日本人の平均年収400万円前後を大きく下回るようなことこそないとしても、大きく上回るには相当の努力や工夫が必要です。

マンション管理士の収入は格差が大きいともいわれています。年収400万円より少し下がる人もいれば、年収1,000万円に迫る勢いの人もいるようです。

資格を持っていることで年収が上がるというよりは、スキルをどのように活かすかがモノをいいます。マンション管理士として評価が高まり大きな仕事を任されるようになれば、会社勤めの人でも収入を上げていくことは可能です。

マンション管理士の収入は上がる?

マンション管理士1本で仕事をして収入を上げていくのは、なかなか難しいかもしれません。他の不動産関連の資格も駆使しながら仕事の幅を広げていくのが、収入アップの王道でしょう。
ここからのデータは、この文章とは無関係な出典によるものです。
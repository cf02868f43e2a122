-- ===== src/Session/Compile/Lists.antt =====
-- core/session.ts: the lists of a compiled graph, and where an action stands in them.
use sqlanvil.Base.{text_eq, true, List, [], ◌∷◌, ◌++◌, contains, contains-append, ◌≡◌, arith}
use sqlanvil.Targets.{Target, target_eq}
use sqlanvil.Session.Graph.{ActionProto, CompiledGraph, targets_of}
use sqlanvil.Session.Create.{
  tables, operations, assertions, declarations, tests, notebooks, data_preparations, exports,
  imports, Chunk, extracts, scripts,
}
use sqlanvil.Session.Compile.{passed_actions}

-- The targets of all actions of a graph, its declarations last.
abbrev pub all_targets : CompiledGraph → List Target
all_targets g = targets_of (passed_actions g) ++ targets_of g.declarations

in_left :
    (xs ys : List ActionProto) (t : Target)
    → contains (targets_of xs) t ≡ true
    → contains (targets_of (xs ++ ys)) t ≡ true
in_left [] ys t h = absurd (ground (arith, h))
in_left (x ∷ xs) ys t h = ground (arith, h, in_left xs ys t)

in_right :
    (xs ys : List ActionProto) (t : Target)
    → contains (targets_of ys) t ≡ true
    → contains (targets_of (xs ++ ys)) t ≡ true
in_right [] ys t h = h
in_right (x ∷ xs) ys t h = ground (arith, in_right xs ys t h)

in_passed :
    (g : CompiledGraph) (t : Target)
    → contains (targets_of (passed_actions g)) t ≡ true
    → contains (all_targets g) t ≡ true
in_passed g t h =
    ground (arith, h, contains-append (targets_of (passed_actions g)) (targets_of g.declarations) t)

behind_operations :
    (g : CompiledGraph) (rest : List ActionProto) (t : Target)
    → contains (targets_of rest) t ≡ true
    → contains (targets_of (g.tables ++ (g.assertions ++ (g.operations ++ rest)))) t ≡ true
behind_operations g rest t h =
    in_right g.tables _ t (in_right g.assertions _ t (in_right g.operations rest t h))

behind_preparations :
    (g : CompiledGraph) (rest : List ActionProto) (t : Target)
    → contains (targets_of rest) t ≡ true
    → contains
        (targets_of (
          g.tables
          ++ (g.assertions ++ (g.operations ++ (g.notebooks ++ (g.data_preparations ++ rest))))))
        t
      ≡ true
behind_preparations g rest t h =
    behind_operations g _ t (in_right g.notebooks _ t (in_right g.data_preparations rest t h))

behind_imports :
    (g : CompiledGraph) (rest : List ActionProto) (t : Target)
    → contains (targets_of rest) t ≡ true
    → contains
        (targets_of (
          g.tables
          ++ (g.assertions
              ++ (g.operations
                  ++ (g.notebooks
                      ++ (g.data_preparations ++ (g.exports ++ (g.imports ++ rest))))))))
        t
      ≡ true
behind_imports g rest t h =
    behind_preparations g _ t (in_right g.exports _ t (in_right g.imports rest t h))

-- The list of the graph for a chunk.
abbrev pub chunk_list : CompiledGraph → Chunk → List ActionProto
chunk_list g tables = g.tables
chunk_list g operations = g.operations
chunk_list g assertions = g.assertions
chunk_list g declarations = g.declarations
chunk_list g tests = g.tests
chunk_list g notebooks = g.notebooks
chunk_list g data_preparations = g.data_preparations
chunk_list g exports = g.exports
chunk_list g imports = g.imports
chunk_list g extracts = g.extracts
chunk_list g scripts = g.scripts

pub in_chunk :
    (g : CompiledGraph) (k : Chunk) (t : Target)
    → contains (targets_of (chunk_list g k)) t ≡ true
    → contains (all_targets g) t ≡ true
in_chunk g declarations t h =
    ground (arith, h, contains-append (targets_of (passed_actions g)) (targets_of g.declarations) t)
in_chunk g tables t h = in_passed g t (in_left g.tables _ t h)
in_chunk g assertions t h = in_passed g t (in_right g.tables _ t (in_left g.assertions _ t h))
in_chunk g operations t h =
    in_passed g t (in_right g.tables _ t (in_right g.assertions _ t (in_left g.operations _ t h)))
in_chunk g notebooks t h = in_passed g t (behind_operations g _ t (in_left g.notebooks _ t h))
in_chunk g data_preparations t h =
    in_passed g t
      (behind_operations g _ t (in_right g.notebooks _ t (in_left g.data_preparations _ t h)))
in_chunk g exports t h = in_passed g t (behind_preparations g _ t (in_left g.exports _ t h))
in_chunk g imports t h =
    in_passed g t (behind_preparations g _ t (in_right g.exports _ t (in_left g.imports _ t h)))
in_chunk g extracts t h = in_passed g t (behind_imports g _ t (in_left g.extracts _ t h))
in_chunk g scripts t h =
    in_passed g t (behind_imports g _ t (in_right g.extracts _ t (in_left g.scripts _ t h)))
in_chunk g tests t h =
    in_passed g t (behind_imports g _ t (in_right g.extracts _ t (in_right g.scripts _ t h)))
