-- ===== src/Session/Compile/Chunks.antt =====
-- core/session.ts: a graph that is created without an error holds every action of the session.
use sqlanvil.Base.{
  Text, text_eq, Bool, true, false, ◌==◌, List, [], ◌∷◌, ◌++◌, map, filter_by, contains, All,
  All-filter_by, nat_beq, nat_beq_iff, ◌≡◌, refl, ap, ◌∙◌, arith, Bool-cases, inl, inr,
}
use sqlanvil.Targets.{Target, target_eq}
use sqlanvil.Runner.Retry.{Outcome, returned, threw}
use sqlanvil.Session.Graph.{ActionProto, CompilationError, targets_of}
use sqlanvil.Session.Depend.Laws.{append-nil_iff}
use sqlanvil.Session.Create.{
  tables, operations, assertions, declarations, tests, notebooks, data_preparations, exports,
  imports, Action, Chunk, extracts, scripts, chunk_of, chunk_number, is_in, chunk_actions,
  add_compiled, thrown_error, compile_graph_chunk, create_graph, create_errors, compiled_chunk,
  chunk_errors,
}
use sqlanvil.Session.Compile.Lists.{all_targets, chunk_list, in_chunk}

-- What an action compiles to has the action's own target.
abbrev pub IsOwn : Target → Outcome Text ActionProto → Type 0
IsOwn t (returned p) = p.target ≡ t
IsOwn t (threw e) = Unit

abbrev pub HasOwnTarget : Action → Type 0
HasOwnTarget a = IsOwn a.target a.compiled

abbrev pub action_targets : List Action → List Target
action_targets actions = map (λ (a : Action). a.target) actions

targets-add_compiled :
    (caller_file : Text) (a : Action) (o : Outcome Text ActionProto)
    (r : List ActionProto × List CompilationError)
    → IsOwn a.target o
    → (add_compiled caller_file a o r).1 ≡ []
    → (targets_of (add_compiled caller_file a o r).0 ≡ a.target ∷ targets_of r.0) × (r.1 ≡ [])
targets-add_compiled caller_file a (returned p) r own h =
    (cc own, ((append-nil_iff a.reported r.1).0 h).1)
targets-add_compiled caller_file a (threw e) r own h =
    let thrown_ = ((append-nil_iff a.reported (thrown_error caller_file a e ∷ r.1)).0 h).1 in
    absurd (ground (arith, thrown_))

targets-compile_graph_chunk :
    (caller_file : Text) (actions : List Action)
    → All HasOwnTarget actions
    → (compile_graph_chunk caller_file actions).1 ≡ []
    → targets_of (compile_graph_chunk caller_file actions).0 ≡ action_targets actions
unfolding compile_graph_chunk
targets-compile_graph_chunk caller_file [] own h = refl
targets-compile_graph_chunk caller_file (a ∷ rest) own h =
    let (head, none_) =
      targets-add_compiled caller_file a a.compiled (compile_graph_chunk caller_file rest) own.0
        h in
    head ∙ ap (λ r. a.target ∷ r) (targets-compile_graph_chunk caller_file rest own.1 none_)

own-filter_by :
    (p : Action → Bool) (actions : List Action)
    → All HasOwnTarget actions
    → All HasOwnTarget (filter_by p actions)
own-filter_by p actions own = All-filter_by HasOwnTarget p actions own

own_chunk : (k : Chunk) → nat_beq (chunk_number k) (chunk_number k) ≡ true
own_chunk k = (nat_beq_iff (chunk_number k) (chunk_number k)).1 refl

kept_first :
    (p : Action → Bool) (a : Action) (rest : List Action) (t : Target)
    → p a ≡ true
    → (t == a.target) ≡ true
    → contains (action_targets (filter_by p (a ∷ rest))) t ≡ true
kept_first p a rest t h e = ground (arith, h, e)

kept_later :
    (p : Action → Bool) (a : Action) (rest : List Action) (t : Target)
    → contains (action_targets (filter_by p rest)) t ≡ true
    → contains (action_targets (filter_by p (a ∷ rest))) t ≡ true
kept_later p a rest t h = ground (arith, h)

contains_rest :
    (a : Action) (rest : List Action) (t : Target)
    → contains (action_targets (a ∷ rest)) t ≡ true
    → (t == a.target) ≡ false
    → contains (action_targets rest) t ≡ true
contains_rest a rest t h e = ground (arith, h, e)

-- An action stands in the chunk of its class.
find_chunk :
    (actions : List Action) (t : Target)
    → contains (action_targets actions) t ≡ true
    → (k : Chunk) × (contains (action_targets (chunk_actions k actions)) t ≡ true)
find_chunk [] t h = absurd (ground (arith, h))
find_chunk (a ∷ rest) t h = elim (Bool-cases (t == a.target)) [
  | inl here ↦ (
    chunk_of a.type,
    kept_first (is_in (chunk_of a.type)) a rest t (own_chunk (chunk_of a.type)) here,
  )
  | inr other ↦
      let (k, there) = find_chunk rest t (contains_rest a rest t h other) in
      (k, kept_later (is_in k) a rest t there)
]

nil_left {ℓ} : {A : Type ℓ} (xs ys : List A) → xs ++ ys ≡ [] → xs ≡ []
nil_left xs ys h = ((append-nil_iff xs ys).0 h).0

nil_right {ℓ} : {A : Type ℓ} (xs ys : List A) → xs ++ ys ≡ [] → ys ≡ []
nil_right xs ys h = ((append-nil_iff xs ys).0 h).1

module _ (caller_file : Text) (actions : List Action) where
  errors_of_chunk :
      (k : Chunk) → create_errors caller_file actions ≡ [] → chunk_errors caller_file actions k ≡ []
  unfolding create_errors
  errors_of_chunk k h =
      let e = chunk_errors caller_file actions in
      let h1 = nil_right (e tables) _ h in
      let h2 = nil_right (e operations) _ h1 in
      let h3 = nil_right (e assertions) _ h2 in
      let h4 = nil_right (e declarations) _ h3 in
      let h5 = nil_right (e tests) _ h4 in
      let h6 = nil_right (e notebooks) _ h5 in
      let h7 = nil_right (e data_preparations) _ h6 in
      let h8 = nil_right (e exports) _ h7 in
      let h9 = nil_right (e imports) _ h8 in
      elim k as (λ j. chunk_errors caller_file actions j ≡ []) [
        | tables ↦ nil_left (e tables) _ h
        | operations ↦ nil_left (e operations) _ h1
        | assertions ↦ nil_left (e assertions) _ h2
        | declarations ↦ nil_left (e declarations) _ h3
        | tests ↦ nil_left (e tests) _ h4
        | notebooks ↦ nil_left (e notebooks) _ h5
        | data_preparations ↦ nil_left (e data_preparations) _ h6
        | exports ↦ nil_left (e exports) _ h7
        | imports ↦ nil_left (e imports) _ h8
        | extracts ↦ nil_left (e extracts) _ h9
        | scripts ↦ nil_right (e extracts) _ h9
      ]

  listed :
      (k : Chunk)
      → chunk_list (create_graph caller_file actions) k ≡ compiled_chunk caller_file actions k
  unfolding create_graph
  listed tables = refl
  listed operations = refl
  listed assertions = refl
  listed declarations = refl
  listed tests = refl
  listed notebooks = refl
  listed data_preparations = refl
  listed exports = refl
  listed imports = refl
  listed extracts = refl
  listed scripts = refl

  -- Without an error every action is in the graph, where it compiles to something of its own target.
  pub create_graph-targets :
      (t : Target)
      → All HasOwnTarget actions
      → create_errors caller_file actions ≡ []
      → contains (action_targets actions) t ≡ true
      → contains (all_targets (create_graph caller_file actions)) t ≡ true
  create_graph-targets t own none_ h =
      let (k, there) = find_chunk actions t h in
      let same =
        targets-compile_graph_chunk caller_file (chunk_actions k actions)
          (own-filter_by (is_in k) actions own) (errors_of_chunk k none_) in
      in_chunk (create_graph caller_file actions) k t (
        ap (λ (xs : List ActionProto). contains (targets_of xs) t) (listed k)
        ∙ ap (λ (xs : List Target). contains xs t) same
        ∙ there)
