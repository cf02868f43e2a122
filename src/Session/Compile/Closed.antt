-- ===== src/Session/Compile/Closed.antt =====
-- core/session.ts: the dependencies of a graph that compiles without an error are in the graph.
use sqlanvil.Base.{
  text_eq, true, ◌==◌, ==_iff, List, [], ◌∷◌, map, contains, All, ◌≡◌, arith, Bool-cases, inl, inr,
}
use sqlanvil.Targets.{Target, target_eq, target_as_readable_string}
use sqlanvil.Resolvable.{ResolvableMap, resolvable_map, find}
use sqlanvil.Resolvable.Laws.{fits, scan, find-resolvable_map}
use sqlanvil.Session.Graph.{ActionProto}
use sqlanvil.Session.Depend.{
  Defaults, Qualified, find_actions, put_target, put_targets, values, qualify, qualify_all,
  fully_qualify_dependencies, wants_assertions,
}
use sqlanvil.Session.Depend.Laws.{with_targets, find_actions-fits, append-nil_iff}
use sqlanvil.Session.Compile.{qualified, qualify_errors}

-- Every target of the list is among the others.
abbrev pub IsWithin : List Target → List Target → Type 0
IsWithin all = All (λ t. contains all t ≡ true)

IsWithin-put :
    (all : List Target) (q : Qualified) (t : Target)
    → contains all t ≡ true
    → IsWithin all (values q)
    → IsWithin all (values (put_target q t))
IsWithin-put all [] t h within = (h, tt)
IsWithin-put all ((k, v) ∷ q) t h (hv, rest) =
    elim (Bool-cases (k == target_as_readable_string t)) [
      | inl same ↦ rw same (h, rest)
      | inr other ↦ rw other (hv, IsWithin-put all q t h rest)
    ]

IsWithin-put_targets :
    (all : List Target) (q : Qualified) (ts : List Target)
    → IsWithin all ts
    → IsWithin all (values q)
    → IsWithin all (values (put_targets q ts))
IsWithin-put_targets all q [] h within = within
IsWithin-put_targets all q (t ∷ ts) (h, hs) within =
    IsWithin-put_targets all (put_target q t) ts hs (IsWithin-put all q t h within)

-- A lookup finds values of the map.
IsWithin-scan :
    (all : List Target) (ref : Target) (entries : List (Target × Target))
    → All (λ e. contains all e.1 ≡ true) entries
    → IsWithin all (scan ref entries)
IsWithin-scan all ref [] h = tt
IsWithin-scan all ref ((k, v) ∷ rest) (h, hs) = elim (Bool-cases (fits ref k)) [
  | inl yes_ ↦ rw yes_ (h, IsWithin-scan all ref rest hs)
  | inr no_ ↦ rw no_ (IsWithin-scan all ref rest hs)
]

module _ (all : List Target) (cfg : Defaults) (targets : List Target)
    (entries : List (Target × Target))
    (own : (t : Target) → contains targets t ≡ true → contains all t ≡ true)
    (asserted : All (λ e. contains all e.1 ≡ true) entries) where
  abbrev indexed : ResolvableMap Target
  indexed = resolvable_map (with_targets targets)

  abbrev assertion_map : ResolvableMap Target
  assertion_map = resolvable_map entries

  IsWithin-find : (ref : Target) → IsWithin all (find assertion_map ref)
  IsWithin-find ref = rw (find-resolvable_map entries ref) (IsWithin-scan all ref entries asserted)

  -- Where a dependency has one candidate, the targets that it adds are indexed actions or assertions.
  IsWithin-qualify :
      (a : ActionProto) (d : Target) (found : List Target) (q : Qualified)
      → ((t : Target) → contains found t ≡ true → contains all t ≡ true)
      → (qualify assertion_map a d found q).1 ≡ []
      → IsWithin all (values q)
      → IsWithin all (values (qualify assertion_map a d found q).0)
  unfolding qualify
  IsWithin-qualify a d [] q h none_ within = within
  IsWithin-qualify a d (t ∷ u ∷ us) q h none_ within = within
  IsWithin-qualify a d (t ∷ []) q h none_ within =
      let added = IsWithin-put all q t (h t (ground (arith, ==_iff t t))) within in
      elim (Bool-cases (wants_assertions d)) [
        | inl wants ↦ rw wants (
            IsWithin-put_targets all (put_target q t) (find assertion_map d) (IsWithin-find d)
              added)
        | inr plain ↦ rw plain added
      ]

  IsWithin-qualify_all :
      (a : ActionProto) (ds : List Target) (q : Qualified)
      → (qualify_all cfg indexed assertion_map a ds q).1 ≡ []
      → IsWithin all (values q)
      → IsWithin all (values (qualify_all cfg indexed assertion_map a ds q).0)
  unfolding qualify_all
  IsWithin-qualify_all a [] q none_ within = within
  IsWithin-qualify_all a (d ∷ ds) q none_ within =
      let found = find_actions cfg indexed d in
      let split = append-nil_iff (qualify assertion_map a d found q).1 _ in
      let (first, rest) = split.0 none_ in
      IsWithin-qualify_all a ds (qualify assertion_map a d found q).0 rest (
        IsWithin-qualify a d found q (λ t h. own t (find_actions-fits cfg targets d t h).1) first
          within)

  IsWithin-fully_qualify :
      (a : ActionProto)
      → (fully_qualify_dependencies cfg indexed assertion_map a).1 ≡ []
      → IsWithin all (qualified cfg indexed assertion_map a).dependency_targets
  unfolding fully_qualify_dependencies
  IsWithin-fully_qualify a none_ = IsWithin-qualify_all a a.dependency_targets [] none_ tt

  pub IsWithin-qualified :
      (actions : List ActionProto)
      → qualify_errors cfg indexed assertion_map actions ≡ []
      → All
          (λ (a : ActionProto). IsWithin all a.dependency_targets)
          (map (qualified cfg indexed assertion_map) actions)
  IsWithin-qualified [] none_ = tt
  IsWithin-qualified (a ∷ rest) none_ =
      let (first, more) =
        (append-nil_iff (fully_qualify_dependencies cfg indexed assertion_map a).1 _).0 none_ in
      (IsWithin-fully_qualify a first, IsWithin-qualified rest more)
マンションの数があるだけ設置が必要な資格というわけではないものの、マンションの利用は多様化しています。民泊に使用されたり外国人が居住したりと、従来にはなかった新たな問題も続々と増えてくるでしょう。

野放しにしていては、マンションの価値が下がり近隣でも疎まれる存在になりかねません。そんなマンションを救えるのもマンション管理士ならではです。必然性を売りにして仕事を得ていくのも収入アップにつながるはずです。

まとめ

現状ではあまり一般に認知されていないマンション管理士の資格や仕事内容ですが、実は多くの人が身近なところで関わっている仕事でもあります。

もっと社会的な認知を高めるには、専門性を活かして活躍するマンション管理士が増えることが不可欠です。

必ずしも資格を必要としない業務だからこそ、資格を活かすことでマンション管理士の認知度を高め、より良い住環境を整えたりマンションの価値を上げる役目を果たす人物になってみませんか?